86 of 88 people found the following review helpful
5.0 out of 5 stars A beautiful portrait of an amazing artist, Nov 11 2004
By Glynn Clapsaddle "glynn@thestreetlamp.com" - Published on Amazon.com
This review is from: Andy Goldsworthy's Rivers & Tides (DVD)
For those who are not familiar with Andy Goldsworthy's work, he creates sculptures from nature, using rocks and tree branches and grass and anything else around the location he has chosen. He has decided specifically to create scultpures that will only stand temporarily, as he searches for a better understanding of life, death, and the passage of time. This film does a fantastic job of exploring the creative process and amazing things that can happen when an artist continues to experiment and look for new opportunities. Through this discovery, Goldsworthy passes on to us his philosophy and unique perspective on the world. It is truly a visually beautiful film and worth watching on that merit alone. For those of us who are artists, it is a must-see, both to learn and identify with someone who has a beautiful understanding of the world.

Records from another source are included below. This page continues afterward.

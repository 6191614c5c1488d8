-- ===== src/Daemon/Server/Isolation.antt =====
-- src/daemon/server.rs: the tasks of the server do not touch each other's connections.
use uclip_daemon.Base.{
  ℕ, zero, suc, ◌+◌, ◌≤◌, ◌≡◌, refl, sym, ap, ◌∙◌, String, List, [], ◌∷◌, ◌++◌, Bool, true, false,
  Option, none, some, length, length-append, eqb, arith, if◌then◌else◌,
}
use uclip_daemon.Text.{Chars}
use uclip_daemon.Daemon.Server.{
  Answers, Input, connected, Next, continue, stop, Parsed, step, handle_client,
}
use uclip_daemon.Daemon.Server.Serve.{
  Happening, accepted, accept_failed, progressed, update, get_elem?, advance, serve_one, serve,
}

-- The inputs of task `k` among what happens, in their order.
unfoldable pub inputs_of : ℕ → List Happening → List (Answers × Input)
inputs_of k [] = []
inputs_of k (accepted ∷ hs) = inputs_of k hs
inputs_of k (accept_failed e ∷ hs) = inputs_of k hs
inputs_of k (progressed j input ∷ hs) =
    let rest = inputs_of k hs in if eqb j k then input ∷ rest else rest

-- What happens after the first `n` more connections were accepted.
unfoldable pub after_accepts : ℕ → List Happening → Option (List Happening)
after_accepts n [] = none
after_accepts zero (accepted ∷ hs) = some hs
after_accepts (suc n) (accepted ∷ hs) = after_accepts n hs
after_accepts n (accept_failed e ∷ hs) = after_accepts n hs
after_accepts n (progressed k input ∷ hs) = after_accepts n hs

pub some_inj {ℓ} : {A : Type ℓ} {x y : A} → some x ≡ some y → x ≡ y
some_inj h = cc

pub get_elem?-update {ℓ} :
    {A : Type ℓ} (f : A → A) (xs : List A) (j k : ℕ) (x : A)
    → get_elem? xs k ≡ some x
    → get_elem? (update j f xs) k ≡ some (if eqb j k then f x else x)
unfolding get_elem? update
get_elem?-update f [] j k x h = cc
get_elem?-update f (y ∷ xs) zero zero x h = ap (λ z. some (f z)) (some_inj h)
get_elem?-update f (y ∷ xs) zero (suc k) x h = ground (arith, h)
get_elem?-update f (y ∷ xs) (suc j) zero x h = ground (arith, h)
get_elem?-update f (y ∷ xs) (suc j) (suc k) x h = ground (arith, get_elem?-update f xs j k x h)

length-update {ℓ} :
    {A : Type ℓ} (f : A → A) (xs : List A) (j : ℕ) → length (update j f xs) ≡ length xs
unfolding update
length-update f [] j = refl
length-update f (x ∷ xs) zero = refl
length-update f (x ∷ xs) (suc j) = ap suc (length-update f xs j)

pub get_elem?-append {ℓ} :
    {A : Type ℓ} (xs ys : List A) (k : ℕ) (x : A)
    → get_elem? xs k ≡ some x
    → get_elem? (xs ++ ys) k ≡ some x
unfolding get_elem?
get_elem?-append [] ys k x h = cc
get_elem?-append (y ∷ xs) ys zero x h = h
get_elem?-append (y ∷ xs) ys (suc k) x h = get_elem?-append xs ys k x h

pub get_elem?-last {ℓ} :
    {A : Type ℓ} (xs : List A) (x : A) → get_elem? (xs ++ x ∷ []) (length xs) ≡ some x
unfolding get_elem?
get_elem?-last [] x = refl
get_elem?-last (y ∷ xs) x = get_elem?-last xs x

get_elem?-past {ℓ} : {A : Type ℓ} (xs : List A) (k : ℕ) → length xs ≤ k → get_elem? xs k ≡ none
unfolding get_elem?
get_elem?-past [] k h = refl
get_elem?-past (y ∷ xs) zero h = absurd (omega (arith, h))
get_elem?-past (y ∷ xs) (suc k) h = get_elem?-past xs k (omega (arith, h))

module _ (parse : Chars → Parsed) (find_id : Chars → Option String) where
  -- A task goes on with its inputs, if it has not returned.
  abbrev resume : Next → List (Answers × Input) → Next
  resume (continue c) inputs = handle_client parse find_id c inputs
  resume (stop c e) inputs = stop c e

  resume-advance :
      (input : Answers × Input) (n : Next) (rest : List (Answers × Input))
      → resume (advance parse find_id input n) rest ≡ resume n (input ∷ rest)
  unfolding advance handle_client
  resume-advance (a, i) (stop c e) rest = refl
  resume-advance (a, i) (continue c) rest = resumed (step parse find_id a c i)
    where
      resumed :
          (n : Next)
          → resume n rest
            ≡ elim n [ continue c' ↦ handle_client parse find_id c' rest | stop c' e ↦ stop c' e ]
      resumed (continue c') = refl
      resumed (stop c' e) = refl

  resume-nil : (n : Next) → resume n [] ≡ n
  unfolding handle_client
  resume-nil (continue c) = refl
  resume-nil (stop c e) = refl

  resume-if :
      (b : Bool) (input : Answers × Input) (n : Next) (rest : List (Answers × Input))
      → resume (if b then advance parse find_id input n else n) rest
        ≡ resume n (if b then input ∷ rest else rest)
  resume-if true input n rest = resume-advance input n rest
  resume-if false input n rest = refl

  running_task :
      (hs : List Happening) (tasks : List Next) (k : ℕ) (n : Next)
      → get_elem? tasks k ≡ some n
      → get_elem? (serve parse find_id tasks hs) k ≡ some (resume n (inputs_of k hs))
  unfolding serve serve_one inputs_of
  running_task [] tasks k n h = h ∙ ap some (sym (resume-nil n))
  running_task (accepted ∷ hs) tasks k n h =
      running_task hs (tasks ++ continue connected ∷ []) k n
        (get_elem?-append tasks (continue connected ∷ []) k n h)
  running_task (accept_failed e ∷ hs) tasks k n h = running_task hs tasks k n h
  running_task (progressed j input ∷ hs) tasks k n h =
      running_task hs (update j (advance parse find_id input) tasks) k _
        (get_elem?-update (advance parse find_id input) tasks j k n h)
      ∙ ap some (resume-if (eqb j k) input n (inputs_of k hs))

  abbrev pub spawned : ℕ → Option (List Happening) → Option Next
  spawned k none = none
  spawned k (some hs) = some (handle_client parse find_id connected (inputs_of k hs))

  later_task :
      (hs : List Happening) (tasks : List Next) (n k : ℕ)
      → k ≡ length tasks + n
      → get_elem? (serve parse find_id tasks hs) k ≡ spawned k (after_accepts n hs)
  unfolding serve serve_one after_accepts
  later_task [] tasks n k h = get_elem?-past tasks k (omega (arith, h))
  later_task (accepted ∷ hs) tasks zero k h =
      let here : k ≡ length tasks = omega (arith, h) in
      running_task hs (tasks ++ continue connected ∷ []) k (continue connected) (
        ap (get_elem? (tasks ++ continue connected ∷ [])) here
        ∙ get_elem?-last tasks (continue connected))
  later_task (accepted ∷ hs) tasks (suc n) k h =
      later_task hs (tasks ++ continue connected ∷ []) n k
        (omega (arith, h, length-append tasks (continue connected ∷ [])))
  later_task (accept_failed e ∷ hs) tasks n k h = later_task hs tasks n k h
  later_task (progressed j input ∷ hs) tasks n k h =
      later_task hs (update j (advance parse find_id input) tasks) n k
        (omega (arith, h, length-update (advance parse find_id input) tasks j))

  -- Each connection ends up as if it were alone: the state of a task is that of `handle_client` on
  -- the inputs of its own connection, whatever the other connections do and whichever accepts fail;
  -- and there is a task exactly for each connection that was accepted.
  pub serve-alone :
      (hs : List Happening) (k : ℕ)
      → get_elem? (serve parse find_id [] hs) k ≡ spawned k (after_accepts k hs)
  serve-alone hs k = later_task hs [] k k (omega arith)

67 of 68 people found the following review helpful
5.0 out of 5 stars The Art Process as a Form of Nourishment, Jan 16 2005
By Nicholas Croft - Published on Amazon.com
This review is from: Andy Goldsworthy's Rivers & Tides (DVD)
This serene portrait, of the art and philosophy of sculptor Andy Goldsworthy, invites viewers to consider their current relationship to the evolving natural world around us. Mr. Goldsworthy has a deep need for communing with the natural landscape and seeks to rearrange rocks, ice, wood, snow, leaves, vines, flowers, moss, straw and clay in order to "touch the heart of the place". Indeed, the birth of a particular sculpture is often part of an active natural process that is taking place at each location: "The very thing that brings the work to life, is the thing that will have a hand in its death or dissolution".

Andy Goldsworthy's works generally have the quality of being ephemeral and are primarily created within remote natural settings. Therefore the artist's own efforts to document the short life of each work, through photography, have historically been the way that these works come to be seen by the public in a gallery or museum setting. With "Rivers and Tides", director Thomas Riedelsheimer assumes this task of visual documentation. The subtitle of the documentary, "Working With Time", explores how the effects of the rising and falling of the ocean's tides, the flow of water in rivers and streams, plant growth through the seasons and even the movement of farm animals, all influence and interact with the artist's work. The documentary medium of video now makes this fascinating study of time possible.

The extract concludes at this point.